-- ===== src/Encode/Frames.antt =====
-- What a body encoder writes for the frames of a body.
use vakya.Prelude.{
  ℕ, ◌+◌, ◌-◌, ◌≤◌, ◌≡◌, refl, sym, ap, ◌∙◌, ◌≢◌, ◌↔◌, ◌⊎◌, inl, inr, true, false, Option, none,
  some, List, [], ◌∷◌, ◌++◌, arith, Bool-cases, length, length-append, Bytes, Result, ok, err,
  ◌>>=◌,
}
use vakya.Encode.{EncodeError, length_mismatch}
use vakya.Encode.Stream.{
  DataFraming, BodyState, no_body, fixed_body, chunked_body, close_delimited, finished, broken,
  BodyEncoder, exceeds, reduce, fail, framing_of, data_within, data_in, data_frame, end_chunk,
  finish_within, finish_in, finish,
}

-- A frame between what frames it, before the rest.
abbrev around : DataFraming → (frame rest : Bytes) → Bytes
around framing frame rest = framing.prefix ++ (frame ++ (framing.suffix ++ rest))

-- The use of an encoder: `data` for each frame, one after the other, then `finish`. The frame
-- stands between its prefix and its suffix.
unfoldable pub encode_body : BodyEncoder → List Bytes → Result EncodeError Bytes
unfolding data_frame finish
encode_body e [] = (finish e).1
encode_body e (frame ∷ frames) =
    let (next, reply) = data_frame e (length frame) in
    let rest = encode_body next frames in
    reply >>= λ framing. rest >>= λ wire. ok (around framing frame wire)

abbrev pub concat : List Bytes → Bytes
concat [] = []
concat (frame ∷ frames) = frame ++ concat frames

abbrev pub total : List Bytes → ℕ
total [] = 0
total (frame ∷ frames) = length frame + total frames

pub length-concat : (frames : List Bytes) → length (concat frames) ≡ total frames
length-concat [] = refl
length-concat (f ∷ fs) = omega (arith, length-append f (concat fs), length-concat fs)

abbrev pub Below : ℕ → Option ℕ → Type 0
Below n none = Unit
Below n (some upper) = n ≤ upper

-- `n` bytes in all keep the bounds that the encoder was given.
abbrev pub WithinBounds : BodyEncoder → ℕ → Type 0
WithinBounds e n = (e.remaining_lower ≤ n) × Below n e.remaining_upper

abbrev pub IsOpen : BodyState → Type 0
IsOpen fixed_body = Unit
IsOpen chunked_body = Unit
IsOpen close_delimited = Unit
IsOpen _ = ⊥

abbrev reduced : BodyEncoder → ℕ → BodyEncoder
reduced e length = record e {
  remaining_lower = e.remaining_lower - length;
  remaining_upper = reduce length e.remaining_upper;
}

-- In an open state only the bounds decide.
open_data : (s : BodyState) (e : BodyEncoder) (n : ℕ) → IsOpen s → data_in s e n ≡ data_within e n
unfolding data_in
open_data fixed_body e n h = refl
open_data chunked_body e n h = refl
open_data close_delimited e n h = refl
open_data no_body e n h = absurd h
open_data finished e n h = absurd h
open_data (broken error) e n h = absurd h

exceeds-Below : (n : ℕ) (upper : Option ℕ) → (exceeds n upper ≡ false) ↔ Below n upper
exceeds-Below n none = (λ _. tt, λ _. refl)
exceeds-Below n (some upper) = ground arith

data_within_fits :
    (e : BodyEncoder) (n : ℕ)
    → exceeds n e.remaining_upper ≡ false
    → data_within e n ≡ (reduced e n, ok (framing_of e.state n))
unfolding data_within
data_within_fits e n h = rw h refl

data_within_over :
    (e : BodyEncoder) (n : ℕ)
    → exceeds n e.remaining_upper ≡ true
    → data_within e n ≡ fail e length_mismatch
unfolding data_within
data_within_over e n h = rw h refl

-- A frame in an open state is over the upper bound, or it reduces both bounds.
data_frame-cases :
    (e : BodyEncoder) (n : ℕ)
    → IsOpen e.state
    → ((exceeds n e.remaining_upper ≡ false)
        × (data_frame e n ≡ (reduced e n, ok (framing_of e.state n))))
      ⊎ ((exceeds n e.remaining_upper ≡ true) × (data_frame e n ≡ fail e length_mismatch))
unfolding data_frame
data_frame-cases e n is_open =
    rw (open_data e.state e n is_open) (elim (Bool-cases (exceeds n e.remaining_upper)) [
      | inl over ↦ inr (over, data_within_over e n over)
      | inr fits ↦ inl (fits, data_within_fits e n fits)
    ])

-- The bytes of the frames in an open state, and those of the end.
abbrev pub wire_of : BodyState → List Bytes → Bytes
wire_of chunked_body [] = end_chunk
wire_of s [] = []
wire_of s (frame ∷ frames) = around (framing_of s (length frame)) frame (wire_of s frames)

finish_within-ok :
    (e : BodyEncoder) (bytes : Bytes) → e.remaining_lower ≡ 0 → (finish_within e bytes).1 ≡ ok bytes
unfolding finish_within
finish_within-ok e bytes h = ground arith

finish_within-err :
    (e : BodyEncoder) (bytes : Bytes)
    → e.remaining_lower ≢ 0
    → (finish_within e bytes).1 ≡ err length_mismatch
unfolding finish_within
finish_within-err e bytes h = ground arith

open_finish :
    (s : BodyState) (e : BodyEncoder) → IsOpen s → finish_in s e ≡ finish_within e (wire_of s [])
unfolding finish_in
open_finish fixed_body e h = refl
open_finish chunked_body e h = refl
open_finish close_delimited e h = refl
open_finish no_body e h = absurd h
open_finish finished e h = absurd h
open_finish (broken error) e h = absurd h

no_frames :
    (e : BodyEncoder) → IsOpen e.state → encode_body e [] ≡ (finish_within e (wire_of e.state [])).1
unfolding encode_body finish
no_frames e is_open = ap (λ r. r.1) (open_finish e.state e is_open)

Below-zero : (upper : Option ℕ) → Below 0 upper
Below-zero none = tt
Below-zero (some upper) = omega arith

wire_of_step :
    (s : BodyState) (frame : Bytes) (frames : List Bytes)
    → wire_of s (frame ∷ frames) ≡ around (framing_of s (length frame)) frame (wire_of s frames)
wire_of_step chunked_body frame frames = refl
wire_of_step no_body frame frames = refl
wire_of_step fixed_body frame frames = refl
wire_of_step close_delimited frame frames = refl
wire_of_step finished frame frames = refl
wire_of_step (broken error) frame frames = refl

failed_frames :
    (e : BodyEncoder) (error : EncodeError) (frame : Bytes) (frames : List Bytes)
    → data_frame e (length frame) ≡ fail e error
    → encode_body e (frame ∷ frames) ≡ err error
unfolding encode_body
failed_frames e error frame frames h = rw h refl

good_frames :
    (e : BodyEncoder) (frame : Bytes) (frames : List Bytes)
    → data_frame e (length frame)
      ≡ (reduced e (length frame), ok (framing_of e.state (length frame)))
    → encode_body e (frame ∷ frames) ≡ (
        encode_body (reduced e (length frame)) frames >>= λ wire.
        ok (around (framing_of e.state (length frame)) frame wire))
unfolding encode_body
good_frames e frame frames h = rw h refl

reduce-Below :
    (n m : ℕ) (upper : Option ℕ)
    → exceeds n upper ≡ false
    → Below (n + m) upper ↔ Below m (reduce n upper)
reduce-Below n m none h = (λ _. tt, λ _. tt)
reduce-Below n m (some upper) h = ground arith

over-Below : (n m : ℕ) (upper : Option ℕ) → exceeds n upper ≡ true → ¬ Below (n + m) upper
over-Below n m none h = absurd (cc)
over-Below n m (some upper) h = ground arith

reduced-WithinBounds :
    (e : BodyEncoder) (n m : ℕ)
    → exceeds n e.remaining_upper ≡ false
    → WithinBounds e (n + m) ↔ WithinBounds (reduced e n) m
reduced-WithinBounds e n m h =
    let (to, from) = reduce-Below n m e.remaining_upper h in
    (λ (l, u). (omega arith, to u), λ (l, u). (omega arith, from u))

-- From an open state, an encoder accepts a sequence of frames exactly when their bytes in all
-- keep its bounds, and then it writes every frame in its framing, in order, and the end of the
-- body; otherwise it answers `length_mismatch`.
pub encode_body-WithinBounds :
    (e : BodyEncoder) (frames : List Bytes)
    → IsOpen e.state
    → (WithinBounds e (total frames) → encode_body e frames ≡ ok (wire_of e.state frames))
      × (¬ WithinBounds e (total frames) → encode_body e frames ≡ err length_mismatch)
encode_body-WithinBounds e [] is_open = (
  λ (l, u). no_frames e is_open ∙ finish_within-ok e (wire_of e.state []) (omega arith),
  λ over.
      no_frames e is_open
      ∙ finish_within-err e (wire_of e.state [])
          (λ z. over (omega arith, Below-zero e.remaining_upper)),
)
encode_body-WithinBounds e (frame ∷ frames) is_open =
    let n = length frame in
    elim (data_frame-cases e n is_open) [
      | inl (fits, step) ↦
          let (good, bad) = encode_body-WithinBounds (reduced e n) frames is_open in
          let (to, from) = reduced-WithinBounds e n (total frames) fits in
          let unrolled = good_frames e frame frames step in
          (
            λ h.
                unrolled
                ∙ ap (λ r. r >>= λ wire. ok (around (framing_of e.state n) frame wire))
                    (good (to h))
                ∙ ap ok (sym (wire_of_step e.state frame frames)),
            λ h.
                unrolled
                ∙ ap (λ r. r >>= λ wire. ok (around (framing_of e.state n) frame wire))
                    (bad (λ k. h (from k))),
          )
      | inr (over, step) ↦ (
        λ (l, u). absurd (over-Below n (total frames) e.remaining_upper over u),
        λ h. failed_frames e length_mismatch frame frames step,
      )
    ]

=-=-=

### What needs to be done
Please give the number of lines in the entries that contain the word "suffix", and nothing besides it.

### Result
2